I file my taxes online at QuickTaxWeb.ca. Been using this service since at least 2004 that I can remember. Using software you actually load onto your Mac is the past, and has been for a long while. And to alleviate any concerns, it's secure.


----------



## Sonal (Oct 2, 2003)

I use uFile.ca and have used it for a number of years.


----------



## newfoundlander61 (Aug 4, 2010)

Awesome folks, appreciate the info.

Paul


----------



## PierreB (Mar 5, 2007)

There is no really decent Mac software for taxes. The only viable approach is web-based. Others have provided excellent recommendations of those web-based services.


----------



## krs (Mar 18, 2005)

Sonal said:


> I use uFile.ca and have used it for a number of years.

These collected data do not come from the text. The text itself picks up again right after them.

-- ===== src/RuntimeConfig/Views.antt =====
-- What the manager of the runtime configuration shows of its state: the signal, the status, the view
-- that the live control reads, and the kill switch's state.
use bobby_execute.Base.{
  ℕ, String, Bool, true, false, not, ◌&&◌, ◌||◌, Option, none, some, ◌==◌, ◌===◌, if◌then◌else◌,
}
use bobby_execute.KillSwitch.{KillSwitchState}
use bobby_execute.LiveControl.Types.{
  ExecutionMode, MicroLiveCaps, micro_live_config_invalid, Message, say, ControlView,
}
use bobby_execute.RuntimeConfig.Types.{
  RuntimeMode, PauseScope, soft, hard, RateCaps, FilterConfig, RuntimeBehavior, RuntimeOverlay,
}
use bobby_execute.RuntimeConfig.Behavior.{derive_execution_mode}
use bobby_execute.RuntimeConfig.Records.{
  SignalState, ConfigState, SeedSource, ManagedState, Manager,
}

abbrev pub same_bool : Bool → Bool → Bool
same_bool a b = if a then b else not b

abbrev pub same_text : Option String → Option String → Bool
same_text none none = true
same_text (some s) (some t) = s === t
same_text _ _ = false

abbrev pub same_scope : Option PauseScope → Option PauseScope → Bool
same_scope none none = true
same_scope (some soft) (some soft) = true
same_scope (some hard) (some hard) = true
same_scope _ _ = false

-- `overlayKey(a) === overlayKey(b)`
unfoldable pub same_overlay : RuntimeOverlay → RuntimeOverlay → Bool
same_overlay a b =
    same_bool a.paused b.paused
    && same_scope a.pause_scope b.pause_scope
    && same_text a.pause_reason b.pause_reason
    && same_bool a.kill_switch b.kill_switch
    && same_text a.kill_switch_reason b.kill_switch_reason
    && a.reload_nonce == b.reload_nonce
    && same_bool a.pending_restart b.pending_restart
    && same_text a.pending_reason b.pending_reason

-- the field `pendingApply` of the signal, the status and the view
unfoldable pub has_pending : ConfigState → ConfigState → Bool
unfolding same_overlay
has_pending requested applied =
    requested.pending_apply
    || requested.requires_restart
    || not (requested.version.id === applied.version.id)
    || not (same_overlay requested.overlay applied.overlay)

unfoldable pub build_signal : ManagedState → SignalState
unfolding has_pending
build_signal s = record {
  reload_nonce = s.requested.overlay.reload_nonce;
  paused = s.requested.overlay.paused;
  pause_scope = s.requested.overlay.pause_scope;
  pause_reason = s.requested.overlay.pause_reason;
  kill_switch = s.requested.overlay.kill_switch;
  kill_switch_reason = s.requested.overlay.kill_switch_reason;
  last_applied_version_id = some s.applied.version.id;
  last_valid_version_id = some s.last_valid_version.id;
  pending_apply = has_pending s.requested s.applied;
  pending_reason = s.active.pending_reason;
}

-- `RuntimeConfigStatus`, with the applied behaviour in place of its parts
pub record RuntimeConfigStatus : Type 0 where
  pub seed_source : SeedSource
  pub requested_mode : RuntimeMode
  pub requested_execution_mode : ExecutionMode
  pub applied_execution_mode : ExecutionMode
  pub applied_behavior : RuntimeBehavior
  pub requested_version_id : String
  pub active_version_id : String
  pub applied_version_id : String
  pub last_valid_version_id : String
  pub reload_nonce : ℕ
  pub last_applied_reload_nonce : ℕ
  pub paused : Bool
  pub pause_scope : Option PauseScope
  pub pause_reason : Option String
  pub kill_switch : Bool
  pub kill_switch_reason : Option String
  pub pending_apply : Bool
  pub pending_reason : Option String
  pub requires_restart : Bool
  pub degraded : Bool
  pub degraded_reason : Option String
  pub effective_version_hash : String
  pub requested_at : ℕ
  pub applied_at : Option ℕ

unfoldable pub build_status : ManagedState → RuntimeConfigStatus
unfolding has_pending
build_status s = record {
  seed_source = s.seed_source;
  requested_mode = s.requested.version.config.mode;
  requested_execution_mode = derive_execution_mode s.requested.version.config.mode;
  applied_execution_mode = derive_execution_mode s.applied.version.config.mode;
  applied_behavior = s.applied.version.config;
  requested_version_id = s.requested.version.id;
  active_version_id = s.active.active_version_id;
  applied_version_id = s.applied.version.id;
  last_valid_version_id = s.last_valid_version.id;
  reload_nonce = s.requested.overlay.reload_nonce;
  last_applied_reload_nonce = s.applied.overlay.reload_nonce;
  paused = s.applied.overlay.paused;
  pause_scope = s.applied.overlay.pause_scope;
  pause_reason = s.applied.overlay.pause_reason;
  kill_switch = s.applied.overlay.kill_switch;
  kill_switch_reason = s.applied.overlay.kill_switch_reason;
  pending_apply = has_pending s.requested s.applied;
  pending_reason = s.active.pending_reason;
  requires_restart = s.requested.requires_restart;
  degraded = s.degraded;
  degraded_reason = s.degraded_reason;
  effective_version_hash = s.applied.version.config_hash;
  requested_at = s.requested.requested_at;
  applied_at = s.applied.applied_at;
}

-- `rateCaps` and the list of `filters`, as the live control reads them
abbrev caps_of : RateCaps → FilterConfig → MicroLiveCaps
caps_of c f = record {
  require_arm = c.require_arm;
  max_notional_per_trade = c.max_notional_per_trade;
  max_trades_per_window = c.max_trades_per_window;
  window_ms = c.window_ms;
  cooldown_ms = c.cooldown_ms;
  max_in_flight = c.max_in_flight;
  failures_to_block = c.failures_to_block;
  failure_window_ms = c.failure_window_ms;
  max_daily_notional = c.max_daily_notional;
  allowlist_tokens = f.allowlist_tokens;
}

abbrev detail_of : Option String → Option Message
detail_of none = none
detail_of (some s) = some (say s)

-- `buildControlView`, the part of the view that the live control reads
unfoldable pub build_control_view : ManagedState → ControlView
build_control_view s =
    let behavior = s.applied.version.config in
    record {
      applied_execution_mode = derive_execution_mode behavior.mode;
      live_test_mode = behavior.execution_toggles.live_test_mode;
      rollout_posture = behavior.rollout_posture;
      paused = s.applied.overlay.paused;
      kill_switch = s.applied.overlay.kill_switch;
      rate_caps = caps_of behavior.rate_caps behavior.filters;
      degraded_reason = detail_of s.degraded_reason;
      reason_code = if s.degraded then some micro_live_config_invalid else none;
      reason_detail = detail_of s.degraded_reason;
      last_reason_at = some s.active.updated_at;
      last_operator_action = none;
      last_operator_action_at = some s.active.updated_at;
    }

-- `getKillSwitchState`
unfoldable pub applied_kill_switch : Manager → KillSwitchState
applied_kill_switch m = record {
  halted = m.state.applied.overlay.kill_switch;
  reason = m.state.applied.overlay.kill_switch_reason;
  triggered_at = some m.state.active.updated_at;
}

Same here - never a problem

It's priced reasonably for what it does, if I remember right it's also available for free on one specific day.


----------



## Mike457 (May 23, 2011)

For the last three years, I have used Quicktaxweb as well. My bank (Nova Scotia) offered a discount through their online accounts, so you might look for something like that.


----------



## MacUnited (Nov 1, 2009)

I've used taxchopper.ca for a couple of years with no complaints at all


----------



## Paddy (Jul 13, 2004)

Another vote for UFile.ca here. I've used it for the past two years and will use it again this year. When we have to file US returns (depends on the year) I use TaxAct.com, which is very good.

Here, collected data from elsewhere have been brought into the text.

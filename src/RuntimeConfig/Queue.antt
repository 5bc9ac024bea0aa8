-- ===== src/RuntimeConfig/Queue.antt =====
-- The queue of the mutations of the runtime configuration's manager and the calls that they make,
-- bot/src/runtime/runtime-config-manager.ts. The repository's calls may throw. Mutations run one at a
-- time, and what a mutation has written when it throws stays.
use bobby_execute.Base.{
  ℕ, String, Bool, false, Option, none, some, List, [], ◌∷◌, ◌++◌, max, if◌then◌else◌, ◌otherwise◌,
}
use bobby_execute.RuntimeConfig.Types.{RuntimeBehavior, RuntimeOverlay}
use bobby_execute.RuntimeConfig.Records.{
  VersionRecord, ActiveRecord, Action, ChangeRecord, ConfigState, Manager, Env,
}
use bobby_execute.RuntimeConfig.Views.{RuntimeConfigStatus, build_status, build_signal}

-- `RuntimeConfigMutationResult`, whose other fields are copies of the status
pub record MutationResult : Type 0 where
  pub accepted : Bool
  pub action : Action
  pub applied_version_id : String
  pub rejection_reason : Option String
  pub status : RuntimeConfigStatus

-- how a command's work ends
pub data Ended : Type 0 where
  ended : MutationResult → Ended
  threw : String → Ended

abbrev pub Work : Type 0
Work = Manager × Ended

-- `this.result(action, accepted, rejectionReason, appliedVersionId)`
abbrev pub result : Action → Bool → Option String → Option String → Manager → MutationResult
result action accepted reason applied m = record {
  accepted = accepted;
  action = action;
  applied_version_id = applied otherwise m.state.applied.version.id;
  rejection_reason = reason;
  status = build_status m.state;
}

-- the result of the work; where it threw, the queue's promise is rejected
abbrev pub after_work : Action → Manager → Ended → Manager × MutationResult
after_work action m (ended r) = (m, r)
after_work action m (threw e) =
    let m' = record m { queue = some e } in (m', result action false (some e) none m')

abbrev pub run_work : Action → Work → Manager × MutationResult
run_work action (m, end) = after_work action m end

-- once the queue's promise is rejected, no later work is called
abbrev pub enqueue_on :
    Option String → Action → (Manager → Work) → Manager → Manager × MutationResult
enqueue_on (some e) action work m = (m, result action false (some e) none m)
enqueue_on none action work m = run_work action (work m)

unfoldable pub enqueue : Action → (Manager → Work) → Manager → Manager × MutationResult
unfolding build_status
enqueue action work m = enqueue_on m.queue action work m

abbrev pub make_state : VersionRecord → RuntimeOverlay → ℕ → Option ℕ → Bool → Bool → ConfigState
make_state version overlay requested_at applied_at pending restart = record {
  version = version;
  overlay = overlay;
  requested_at = requested_at;
  applied_at = applied_at;
  pending_apply = pending;
  requires_restart = restart;
}

abbrev pub latest_number : List VersionRecord → ℕ
latest_number [] = 0
latest_number (v ∷ vs) = max v.version_number (latest_number vs)

-- the signal of the state, saved unless the store throws: `persistSnapshot`
abbrev pub persist_snapshot : Env → Manager → Manager
persist_snapshot env m =
    let signal = build_signal m.state in
    record m {
      state = record m.state { signal = signal };
      store = if env.faults.store then m.store else some signal;
    }

-- what follows a call of the repository, where it returns
abbrev pub after_call : Option String → Manager → Work → Work
after_call none m next = next
after_call (some e) m next = (m, threw e)

abbrev pub stored_active : ActiveRecord → Manager → Manager
stored_active a m = record m { repository = record m.repository { active = some a } }

abbrev pub stored_change : ChangeRecord → Manager → Manager
stored_change c m = record m {
  repository = record m.repository { change_log = m.repository.change_log ++ c ∷ [] };
}

-- a command's entry of the change log
abbrev pub change :
    Action
    → String
    → Bool
    → VersionRecord
    → Option RuntimeBehavior
    → RuntimeOverlay
    → RuntimeOverlay
    → Option String
    → Option String
    → VersionRecord
    → ℕ
    → ChangeRecord
change action actor accepted version after_config before after reason rejection_reason base now =
    record {
      version_id = some version.id;
      action = action;
      actor = actor;
      accepted = accepted;
      before_config = some base.config;
      after_config = after_config;
      before_overlay = some before;
      after_overlay = some after;
      reason = reason;
      rejection_reason = rejection_reason;
      result_version_id = some version.id;
      reload_nonce = after.reload_nonce;
      created_at = now;
    }

-- a refused command appends an entry and changes nothing else
abbrev pub refuse : Action → String → Option String → String → Env → Manager → Work
refuse action actor reason rejection env m =
    let req = m.state.requested in
    let entry =
      change action actor false req.version (some req.version.config) req.overlay req.overlay reason
        (some rejection) req.version env.now in
    after_call env.faults.append_change_log m (
      stored_change entry m,
      ended (result action false (some rejection) none (stored_change entry m)),
    )
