-- ===== src/RuntimeConfig/Boundary.antt =====
-- The cycles of the runtime and what their boundaries apply, bot/src/runtime/runtime-config-manager.ts,
-- also while a mutation waits for the repository.
use bobby_execute.Base.{
  ℕ, zero, suc, ◌+◌, String, Bool, true, false, Option, none, some, List, [], ◌∷◌,
}
use bobby_execute.RuntimeConfig.Records.{
  ActiveRecord, ConfigState, ManagedState, Manager, Env, Boundary, cycle_begins, cycle_ends,
}
use bobby_execute.RuntimeConfig.Views.{build_signal}
use bobby_execute.RuntimeConfig.Queue.{make_state, persist_snapshot, stored_active}

unfoldable pub begin_cycle : Manager → Manager
begin_cycle m = record m { cycle_depth = m.cycle_depth + 1 }

abbrev pub pred : ℕ → ℕ
pred zero = zero
pred (suc n) = n

-- the active record is stored, unless the repository throws, which is logged
abbrev pub try_stored_active : Option String → ActiveRecord → Manager → Manager
try_stored_active none a m = stored_active a m
try_stored_active (some _) a m = m

-- what waits for the end of the cycle is applied
abbrev pub settled_state : Env → ConfigState → ManagedState → ManagedState
settled_state env p base = record base {
  requested = record base.requested { pending_apply = false };
  applied = make_state p.version p.overlay p.requested_at (some env.now) false false;
  last_valid_version = p.version;
  active = record base.active {
    applied_version_id = p.version.id;
    last_valid_version_id = p.version.id;
    applied_at = some env.now;
    updated_at = env.now;
    pending_apply = false;
    pending_reason = none;
  };
}

abbrev pub settled : Env → ConfigState → Manager → Manager
settled env p m = record m { state = settled_state env p m.state; pending_applied = none }

abbrev pub apply_pending : Env → ConfigState → Manager → Manager
apply_pending env p m = persist_snapshot env (
    try_stored_active env.faults.update_active (settled_state env p m.state).active
      (settled env p m))

abbrev pub end_at : ℕ → Option ConfigState → Env → Manager → Manager
end_at zero (some p) env m = apply_pending env p m
end_at _ _ env m = m

unfoldable pub end_cycle : Env → Manager → Manager
unfolding build_signal
end_cycle env m =
    let depth = pred m.cycle_depth in
    end_at depth m.pending_applied env (record m { cycle_depth = depth })

abbrev pub pass_boundary : Boundary → Env → Manager → Manager
pass_boundary cycle_begins env m = begin_cycle m
pass_boundary (cycle_ends now update_active store) env m =
    let faults = record env.faults { update_active = update_active; store = store } in
    end_cycle (record env { now = now; faults = faults }) m

-- The boundaries that pass while the repository is awaited. The write of the active record and the
-- change log's are awaited one after the other, and since a boundary and an entry of the log do not
-- meet, all boundaries stand between the two.
abbrev pub pass_boundaries : List Boundary → Env → Manager → Manager
pass_boundaries [] env m = m
pass_boundaries (b ∷ bs) env m = pass_boundaries bs env (pass_boundary b env m)

-- The end of a request: it waits where a cycle runs by now, and is shown where none does.
abbrev pub finish_request : Bool → ConfigState → Env → Manager → Manager
finish_request true requested env m = record m { pending_applied = some requested }
finish_request false requested env m = persist_snapshot env m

On a side note: our first two years back in Canada, my husband's company paid for us to have Ernst Young do our taxes and THAT took longer than me doing it myself with UFile!! They have an absolutely DREADFUL online system to input all your data - it's not at all Mac-friendly, barely working with Firefox and not at all with Safari. I'd input data and it would disappear regularly. Then, to top it all off, they sent us the completed forms (which WE had to print out) and they were scanned images made into PDFs. Half the pages were crooked. It was ludicrous. You'd think whatever they were used on their end would at least have PDF output. Granted, after all the hair-pulling, the returns themselves appeared to be well done.


----------



## doglips (Feb 28, 2001)

Another vote for ufile in the inevitable annual tax software thread.


----------



## sateach (Dec 20, 2009)

You may want to check out Taxfreeway. I've used it for the past number of years and it's been great for my circumstances. Nothing fancy, just basic "take my money, gov!" stuff.

Cutting edge Canadian tax software - TaxFreeway

There's also a load of advice on previous threads regarding tax software for Macs and iOS


----------



## Kosh (May 27, 2002)

I used TaxFreeway for the past 2 years. I've never had a problem with it.

I'll probably use it again this year.


----------



## newfoundlander61 (Aug 4, 2010)

Awesome thanks for the very good info, will check them out.


----------



## pm-r (May 17, 2009)

Another vote for Taxfreeway for Mac, especially if you're in Canada and you prefer to have your tax files saved to your Mac for any quick review later etc.
Cutting edge Canadian tax software - TaxFreeway for Mac

And using it's review calculator before netfiling for our seniors' shared pension option has saved us a few thousand $$/year the last few years and shouldn't be overlooked or used to review before actually filing.


----------



## wwj (May 21, 2003)

Does anyone know if/how any of the previously mentioned programs handle matters like:

- capital gains/losses, including loss carrybacks, etc.
- investment income (e.g. dividends)
- federal/provincial foreign tax credit forms


When you use them, I presume you can create a draft version that can be reviewed before finalizing/filing.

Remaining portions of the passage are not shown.